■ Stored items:

=== Begin Enclosure ===

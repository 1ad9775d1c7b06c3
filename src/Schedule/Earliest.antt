-- ===== src/Schedule/Earliest.antt =====
-- The earliest of a list of instants, and what a filter keeps.
use mathlib.Core.List.{Memᴰ}
use mathlib.Core.List.Memᴰ
use mathlib.Core.List.Memᴰ.{head, tail}
use briefed.Base.{
  ℕ, ◌≤◌, ◌≡◌, List, [], ◌∷◌, none, some, arith, ltb, Option-cases, Bool-cases, inl, inr,
}
use briefed.Schedule.{earliest}

pub earliest-mem : (xs : List ℕ) (t : ℕ) → earliest xs ≡ some t → Memᴰ t xs
unfolding earliest
earliest-mem [] t e = absurd (ground arith)
earliest-mem (x ∷ xs) t e = elim (Option-cases (earliest xs)) [
  | inl n ↦ head (ground arith)
  | inr (u, s) ↦ elim (Bool-cases (ltb x u)) [
    | inl less ↦ head (ground arith)
    | inr more ↦ tail (earliest-mem xs t (ground arith))
  ]
]

pub earliest-some : (xs : List ℕ) (u : ℕ) → earliest xs ≡ none → Memᴰ u xs → ⊥
unfolding earliest
earliest-some [] u n m = Memᴰ.not-nil m
earliest-some (x ∷ xs) u n m = elim (Option-cases (earliest xs)) [
  | inl e ↦ ground arith
  | inr (v, s) ↦ ground arith
]

pub earliest-le : (xs : List ℕ) (t u : ℕ) → earliest xs ≡ some t → Memᴰ u xs → t ≤ u
unfolding earliest
earliest-le [] t u e m = absurd (ground arith)
earliest-le (x ∷ xs) t u e (head same) = elim (Option-cases (earliest xs)) [
  | inl n ↦ ground arith
  | inr (v, s) ↦ ground arith
]
earliest-le (x ∷ xs) t u e (tail m) = elim (Option-cases (earliest xs)) [
  | inl n ↦ absurd (earliest-some xs u n m)
  | inr (v, s) ↦ ground (arith, earliest-le xs v u s m)
]
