-- ===== src/Schedule/NextSlot.antt =====
-- The preview of the next run against the slots that a profile names.
use mathlib.Core.List.{Memᴰ}
use mathlib.Core.List.Memᴰ
use mathlib.Core.List.Memᴰ.{head, tail}
use briefed.Base.{
  mem-filter, filter-mem, ℕ, ◌+◌, ◌≤◌, ◌<◌, ◌≡◌, ◌≢◌, refl, String, List, [], ◌∷◌, ◌++◌, Option,
  none, some, filter, arith, ltb, ltb→lt, lt→ltb, eq_iff, Option-cases, Bool-cases, inl, inr, ◌⊎◌,
  subst, ap, sym, ◌∙◌,
}
use briefed.Schedule.{
  Zone, Zones, UserScheduleView, resolve_zone, slots_on, earliest, next_slot_utc,
}
use briefed.Schedule.Earliest.{earliest-mem, earliest-le, earliest-some}
use briefed.Schedule.Slot.{parse_slot}

-- An instant at which one of the listed times falls, on a local day of the given span.
pub record IsSlot (zone : Zone) (times : List String) (first last instant : ℕ) : Type 0 where
  pub day : ℕ
  pub raw : String
  pub hour : ℕ
  pub minute : ℕ
  pub after_first : first ≤ day
  pub up_to_last : day ≤ last
  pub listed : Memᴰ raw times
  pub parsed : parse_slot raw ≡ some (hour, minute)
  pub falls : instant ≡ zone.instant_of day hour minute

-- The next slot: the first after `now`; there is none only if every slot has passed.
abbrev pub IsNext : (ℕ → Type 0) → ℕ → Option ℕ → Type 0
IsNext Slot now none = (u : ℕ) → Slot u → u ≤ now
IsNext Slot now (some t) = Slot t × (now < t) × ((u : ℕ) → Slot u → now < u → t ≤ u)

module _ (zone : Zone) (day : ℕ) (raw : String) (times : List String) where
  slots_on-none : parse_slot raw ≡ none → slots_on zone day (raw ∷ times) ≡ slots_on zone day times
  unfolding slots_on
  slots_on-none e = rw (e, slots_on)

  slots_on-some :
      (hour minute : ℕ)
      → parse_slot raw ≡ some (hour, minute)
      → slots_on zone day (raw ∷ times) ≡ zone.instant_of day hour minute ∷ slots_on zone day times
  unfolding slots_on
  slots_on-some hour minute e = rw (e, slots_on)

  later :
      {first last u : ℕ} → IsSlot zone times first last u → IsSlot zone (raw ∷ times) first last u
  later s = record {
    day = s.day;
    raw = s.raw;
    hour = s.hour;
    minute = s.minute;
    after_first = s.after_first;
    up_to_last = s.up_to_last;
    listed = tail s.listed;
    parsed = s.parsed;
    falls = s.falls;
  }

module _ (zone : Zone) (day : ℕ) where
  pub slots_on-IsSlot :
      (times : List String) (u : ℕ) → Memᴰ u (slots_on zone day times) → IsSlot zone times day day u
  unfolding slots_on
  slots_on-IsSlot [] u m = absurd (Memᴰ.not-nil m)
  slots_on-IsSlot (raw ∷ times) u m = elim (Option-cases (parse_slot raw)) [
    | inl n ↦
        later zone day raw times
          (slots_on-IsSlot times u (subst (Memᴰ u) (slots_on-none zone day raw times n) m))
    | inr ((hour, minute), s) ↦
        elim (Memᴰ.cases_cons (subst (Memᴰ u) (slots_on-some zone day raw times hour minute s) m)) [
          | inl e ↦ record {
            day = day;
            raw = raw;
            hour = hour;
            minute = minute;
            after_first = omega arith;
            up_to_last = omega arith;
            listed = head refl;
            parsed = s;
            falls = e;
          }
          | inr rest ↦ later zone day raw times (slots_on-IsSlot times u rest)
        ]
  ]

  pub slots_on-complete :
      (times : List String) (raw : String) (hour minute : ℕ)
      → Memᴰ raw times
      → parse_slot raw ≡ some (hour, minute)
      → Memᴰ (zone.instant_of day hour minute) (slots_on zone day times)
  slots_on-complete (r ∷ times) raw hour minute (head e) parsed =
      subst (Memᴰ (zone.instant_of day hour minute))
        (sym (slots_on-some zone day r times hour minute (sym (ap parse_slot e) ∙ parsed)))
        (head refl)
  slots_on-complete (r ∷ times) raw hour minute (tail m) parsed =
      let rest : Memᴰ (zone.instant_of day hour minute) (slots_on zone day times) =
        slots_on-complete times raw hour minute m parsed in
      elim (Option-cases (parse_slot r)) [
        | inl n ↦
            subst (Memᴰ (zone.instant_of day hour minute)) (sym (slots_on-none zone day r times n))
              rest
        | inr ((h, k), s) ↦
            subst (Memᴰ (zone.instant_of day hour minute))
              (sym (slots_on-some zone day r times h k s)) (tail rest)
      ]
  slots_on-complete [] raw hour minute m parsed = absurd (Memᴰ.not-nil m)

pub widen :
    (zone : Zone) (times : List String) (day first last u : ℕ)
    → first ≤ day
    → day ≤ last
    → IsSlot zone times day day u
    → IsSlot zone times first last u
widen zone times day first last u lo hi s = record {
  day = s.day;
  raw = s.raw;
  hour = s.hour;
  minute = s.minute;
  after_first = omega (arith, s.after_first, s.up_to_last);
  up_to_last = omega (arith, s.after_first, s.up_to_last);
  listed = s.listed;
  parsed = s.parsed;
  falls = s.falls;
}

-- The slots of three days.
abbrev three_days : Zone → List String → ℕ → List ℕ
three_days zone times today =
    slots_on zone today times ++ slots_on zone (today + 1) times ++ slots_on zone (today + 2) times

module _ (zone : Zone) (times : List String) (today u : ℕ) where
  within :
      (day : ℕ)
      → today ≤ day
      → day ≤ today + 2
      → Memᴰ u (slots_on zone day times)
      → IsSlot zone times today (today + 2) u
  within day lo hi m =
      widen zone times day today (today + 2) u lo hi (slots_on-IsSlot zone day times u m)

  days :
      (day : ℕ)
      → today ≤ day
      → day ≤ today + 2
      → (day ≡ today) ⊎ (day ≡ today + 1) ⊎ (day ≡ today + 2)
  days day lo hi = ground arith

  three_days-IsSlot : Memᴰ u (three_days zone times today) → IsSlot zone times today (today + 2) u
  three_days-IsSlot m =
      let on = λ (day : ℕ). slots_on zone day times in
      elim (Memᴰ.append_cases (on today ++ on (today + 1)) m) [
        | inl early ↦ elim (Memᴰ.append_cases (on today) early) [
          | inl a ↦ within today (omega arith) (omega arith) a
          | inr b ↦ within (today + 1) (omega arith) (omega arith) b
        ]
        | inr c ↦ within (today + 2) (omega arith) (omega arith) c
      ]

  three_days-complete : IsSlot zone times today (today + 2) u → Memᴰ u (three_days zone times today)
  three_days-complete s =
      let on = λ (day : ℕ). slots_on zone day times in
      let found : Memᴰ u (on s.day) =
        Memᴰ.cast s.falls
          (slots_on-complete zone s.day times s.raw s.hour s.minute s.listed s.parsed) in
      elim (days s.day s.after_first s.up_to_last) [
        | inl e ↦
            Memᴰ.append_left (on (today + 2))
              (Memᴰ.append_left (on (today + 1)) (subst (λ day. Memᴰ u (on day)) e found))
        | inr (inl e) ↦
            Memᴰ.append_left (on (today + 2))
              (Memᴰ.append_right (on today) (subst (λ day. Memᴰ u (on day)) e found))
        | inr (inr e) ↦
            Memᴰ.append_right (on today ++ on (today + 1)) (subst (λ day. Memᴰ u (on day)) e found)
      ]

earliest-IsNext :
    (zone : Zone) (times : List String) (today now : ℕ)
    → IsNext
        (IsSlot zone times today (today + 2))
        now
        (earliest (filter (λ t. ltb now t) (three_days zone times today)))
earliest-IsNext zone times today now =
    let upcoming : List ℕ = filter (λ t. ltb now t) (three_days zone times today) in
    let Slot = IsSlot zone times today (today + 2) in
    let upcoming_of : (u : ℕ) → Slot u → now < u → Memᴰ u upcoming = λ u s later.
      filter-mem (λ t. ltb now t) (three_days zone times today) u
        (three_days-complete zone times today u s) (lt→ltb now u later) in
    elim (Option-cases (earliest upcoming)) [
      | inl n ↦ subst (IsNext Slot now) (sym n) (λ u s. elim (Bool-cases (ltb now u)) [
        | inl later ↦ absurd (earliest-some upcoming u n (upcoming_of u s (ltb→lt now u later)))
        | inr past ↦ ground arith
      ])
      | inr (t, e) ↦
          let (listed, later) =
            mem-filter (λ t. ltb now t) (three_days zone times today) t
              (earliest-mem upcoming t e) in
          subst (IsNext Slot now) (sym e) (
            three_days-IsSlot zone times today t listed,
            ltb→lt now t later,
            λ u s after. earliest-le upcoming t u e (upcoming_of u s after),
          )
    ]

-- Unless the schedule is disabled, the preview is the earliest instant after `now` at which one of
-- the parseable listed times falls on the local day of `now` or on one of the two after it; it is
-- empty exactly when there is none.
pub next_slot_utc-IsNext :
    (zones : Zones) (now : ℕ) (profile : UserScheduleView)
    → profile.schedule_frequency ≢ "disabled"
    → let zone = resolve_zone zones profile.schedule_timezone in
      let today = zone.day_of now in
      IsNext
        (IsSlot zone profile.schedule_times_local today (today + 2))
        now
        (next_slot_utc zones now profile)
unfolding next_slot_utc
next_slot_utc-IsNext zones now profile enabled =
    let zone : Zone = resolve_zone zones profile.schedule_timezone in
    let today : ℕ = zone.day_of now in
    let times : List String = profile.schedule_times_local in
    let on : next_slot_utc zones now profile
        ≡ earliest (filter (λ t. ltb now t) (three_days zone times today)) =
      ground (arith, eq_iff profile.schedule_frequency "disabled") in
    subst (IsNext (IsSlot zone times today (today + 2)) now) (sym on)
      (earliest-IsNext zone times today now)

=== End Enclosure ===

■ Exercise description: Among the entries above, find the line with "-- An instant" and the line with "after_first = omega arith;"; give again exactly these two lines and all lines between them.

■ Response box:
-- An instant at which one of the listed times falls, on a local day of the given span.
pub record IsSlot (zone : Zone) (times : List String) (first last instant : ℕ) : Type 0 where
  pub day : ℕ
  pub raw : String
  pub hour : ℕ
  pub minute : ℕ
  pub after_first : first ≤ day
  pub up_to_last : day ≤ last
  pub listed : Memᴰ raw times
  pub parsed : parse_slot raw ≡ some (hour, minute)
  pub falls : instant ≡ zone.instant_of day hour minute

-- The next slot: the first after `now`; there is none only if every slot has passed.
abbrev pub IsNext : (ℕ → Type 0) → ℕ → Option ℕ → Type 0
IsNext Slot now none = (u : ℕ) → Slot u → u ≤ now
IsNext Slot now (some t) = Slot t × (now < t) × ((u : ℕ) → Slot u → now < u → t ≤ u)

module _ (zone : Zone) (day : ℕ) (raw : String) (times : List String) where
  slots_on-none : parse_slot raw ≡ none → slots_on zone day (raw ∷ times) ≡ slots_on zone day times
  unfolding slots_on
  slots_on-none e = rw (e, slots_on)

  slots_on-some :
      (hour minute : ℕ)
      → parse_slot raw ≡ some (hour, minute)
      → slots_on zone day (raw ∷ times) ≡ zone.instant_of day hour minute ∷ slots_on zone day times
  unfolding slots_on
  slots_on-some hour minute e = rw (e, slots_on)

  later :
      {first last u : ℕ} → IsSlot zone times first last u → IsSlot zone (raw ∷ times) first last u
  later s = record {
    day = s.day;
    raw = s.raw;
    hour = s.hour;
    minute = s.minute;
    after_first = s.after_first;
    up_to_last = s.up_to_last;
    listed = tail s.listed;
    parsed = s.parsed;
    falls = s.falls;
  }

module _ (zone : Zone) (day : ℕ) where
  pub slots_on-IsSlot :
      (times : List String) (u : ℕ) → Memᴰ u (slots_on zone day times) → IsSlot zone times day day u
  unfolding slots_on
  slots_on-IsSlot [] u m = absurd (Memᴰ.not-nil m)
  slots_on-IsSlot (raw ∷ times) u m = elim (Option-cases (parse_slot raw)) [
    | inl n ↦
        later zone day raw times
          (slots_on-IsSlot times u (subst (Memᴰ u) (slots_on-none zone day raw times n) m))
    | inr ((hour, minute), s) ↦
        elim (Memᴰ.cases_cons (subst (Memᴰ u) (slots_on-some zone day raw times hour minute s) m)) [
          | inl e ↦ record {
            day = day;
            raw = raw;
            hour = hour;
            minute = minute;
            after_first = omega arith;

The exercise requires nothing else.